Du coup c’est Rattrapable ?


----------



## Deleted member 1099514 (16 Octobre 2017)

Miki92600 a dit:


> Du coup c’est Rattrapable ?


Ben non. Il n'y a plus rien à part le répertoire d'installation.
Que s'est-il passé pour en arriver là?
Tu peux en dire un peu +?


----------



## Miki92600 (16 Octobre 2017)

jeanjd63 a dit:


> Ben non. Il n'y a plus rien à part le répertoire d'installation.
> Que s'est-il passé pour en arriver là?
> Tu peux en dire un peu +?



Merde ! Du coup impossible de récupérer les fichiers de ma femme ? :/ 
Bah ce qu’il c’est passé c’est que je suis un vrais boulet !
J’etait dans Le store et j’ai vue la mise à jour high Sierra du coup je l’ai téléchargé pour l’installer et ça a planté pendant l’installation..
Du coup je me suis retrouver bloqué sur une page qui me disait de cliqué pour redémarrer et réessayer d’installer l’os et final ça n’a pas marcher 
Et je n’arrive même plus à démarrer l’ordi c’est bloqué sur l’ecran de la pomme mais ça charge pas


----------



## Deleted member 1099514 (16 Octobre 2017)

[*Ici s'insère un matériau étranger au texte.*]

-- ===== src/Float/Fixed/Ordered.antt =====
-- The order of the whole ten-thousandths, and what keeps it.
use twinval_go_backend.Prelude.{ℕ, suc, ◌*◌, ◌/◌, ◌≤◌, ◌≡◌, refl, true, arith}
use twinval_go_backend.Prelude.Int.{ℤ, pos, negsuc, leb_ℤ}
use twinval_go_backend.Float.{IsOrdered}
use twinval_go_backend.Float.Fixed.{
  Fixed, test₂, div_ℕ, times, negate, mul_ℤ, quotient, fixed_float,
}

-- The laws on whole ten-thousandths.
div_mono' : (m n k : ℕ) → m ≤ n → m / suc k ≤ n / suc k
div_mono' m n k h = grind arith

pub div_ℕ_mono :
    (a b : ℤ) (k : ℕ) → leb_ℤ a b ≡ true → leb_ℤ (div_ℕ a (suc k)) (div_ℕ b (suc k)) ≡ true
div_ℕ_mono (pos m) (pos n) k h = grind (arith, div_mono' m n k)
div_ℕ_mono (pos m) (negsuc n) k h = ground arith
div_ℕ_mono (negsuc m) (pos n) k h = ground arith
div_ℕ_mono (negsuc m) (negsuc n) k h = grind (arith, div_mono' (suc n) (suc m) k)

mul_mono : (m n k : ℕ) → m ≤ n → m * k ≤ n * k
mul_mono m n k h = grind arith

pub times_mono : (a b : ℤ) (k : ℕ) → leb_ℤ a b ≡ true → leb_ℤ (times a k) (times b k) ≡ true
times_mono (pos m) (pos n) k h = ground (arith, mul_mono m n k)
times_mono (pos m) (negsuc n) k h = ground arith
times_mono (negsuc m) (pos n) k h = ground arith
times_mono (negsuc m) (negsuc n) k h = ground (arith, mul_mono (suc n) (suc m) k)

pub Fixed-IsOrdered : IsOrdered Fixed
Fixed-IsOrdered = record {
  IsNum-of_le = ground arith;
  IsNum-of_lt = ground arith;
  le_trans = ground arith;
  le_total = ground arith;
  lt-eq-not-le = ground arith;
  is_nan-eq-not-le = ground arith;
  is_inf_between = λ x y z _ _ _ _. refl;
  decimal_mono = ground arith;
  decimal_lt = ground arith;
  decimal_finite = λ n _. refl;
}

pub negate_mono : (a b : ℤ) → leb_ℤ a b ≡ true → leb_ℤ (negate b) (negate a) ≡ true
negate_mono a b h = ground arith

-- A product with a factor that is not negative.
pub mul_ℤ_mono_left :
    (c : ℕ) (a b : ℤ) → leb_ℤ a b ≡ true → leb_ℤ (mul_ℤ (pos c) a) (mul_ℤ (pos c) b) ≡ true
mul_ℤ_mono_left c (pos m) (pos n) h = ground (arith, mul_mono m n c, div_mono' (c * m) (c * n) 9999)
mul_ℤ_mono_left c (pos m) (negsuc n) h = ground arith
mul_ℤ_mono_left c (negsuc m) (pos n) h = ground arith
mul_ℤ_mono_left c (negsuc m) (negsuc n) h =
    ground (arith, mul_mono (suc n) (suc m) c, div_mono' (c * suc n) (c * suc m) 9999)

pub mul_ℤ_mono_right :
    (c : ℕ) (a b : ℤ) → leb_ℤ a b ≡ true → leb_ℤ (mul_ℤ a (pos c)) (mul_ℤ b (pos c)) ≡ true
mul_ℤ_mono_right c a b h = div_ℕ_mono (times a c) (times b c) 9999 (times_mono a b c h)

pub quotient_mono :
    (k : ℕ) (a b : ℤ)
    → leb_ℤ a b ≡ true
    → test₂ leb_ℤ (quotient a (pos (suc k))) (quotient b (pos (suc k))) ≡ true
quotient_mono k a b h = div_ℕ_mono (times a 10_000) (times b 10_000) k (times_mono a b 10_000 h)

pub leb_ℤ_refl : (a : ℤ) → leb_ℤ a a ≡ true
leb_ℤ_refl a = ground arith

En fait c'est l'install qui a merdé.
Tu n'as pas de sauvegardes Time Machine ou autres?


----------



## Miki92600 (16 Octobre 2017)

jeanjd63 a dit:


> En fait c'est l'install qui a merdé.
> Tu n'as pas de sauvegardes Time Machine ou autres?



J’ai une Time capsule mais qui ne m’a pas servi depuis 1 ans et quand je la branche il me dit qu’il y’a une erreur


----------



## Deleted member 1099514 (16 Octobre 2017)

infirmiere1609 a dit:


> je laisse le pro t'expliquer ^^  suis juste étudiante en informatique suis en apprentissage ^^


Hi hi. Et sous El Capitan ça roule?
Pense à upgrader la mémoire (post #67) Ça devrait faire une différence.


----------



## Miki92600 (16 Octobre 2017)

Après au pire si je peux pas récupérer les fichiers tant pis du moment que je puisse récupérer l’ordi quoi


----------



## Deleted member 1099514 (16 Octobre 2017)

Miki92600 a dit:


> J’ai une Time capsule mais qui ne m’a pas servi depuis 1 ans et quand je la branche il me dit qu’il y’a une erreur


D'autre Mac à la maison? Un DDE disponible pour installer Mac os X et tenter de récupérer tes données?
Certains outils permettent cela. Pas tous très faciles d'utilisation, mais ça vaut le coup de tenter.


----------



## Miki92600 (16 Octobre 2017)

jeanjd63 a dit:


> D'autre Mac à la maison? Un DDE disponible pour installer Mac os X et tenter de récupérer tes données?
> Certains outils permettent cela. Pas tous très faciles d'utilisation, mais ça vaut le coup de tenter.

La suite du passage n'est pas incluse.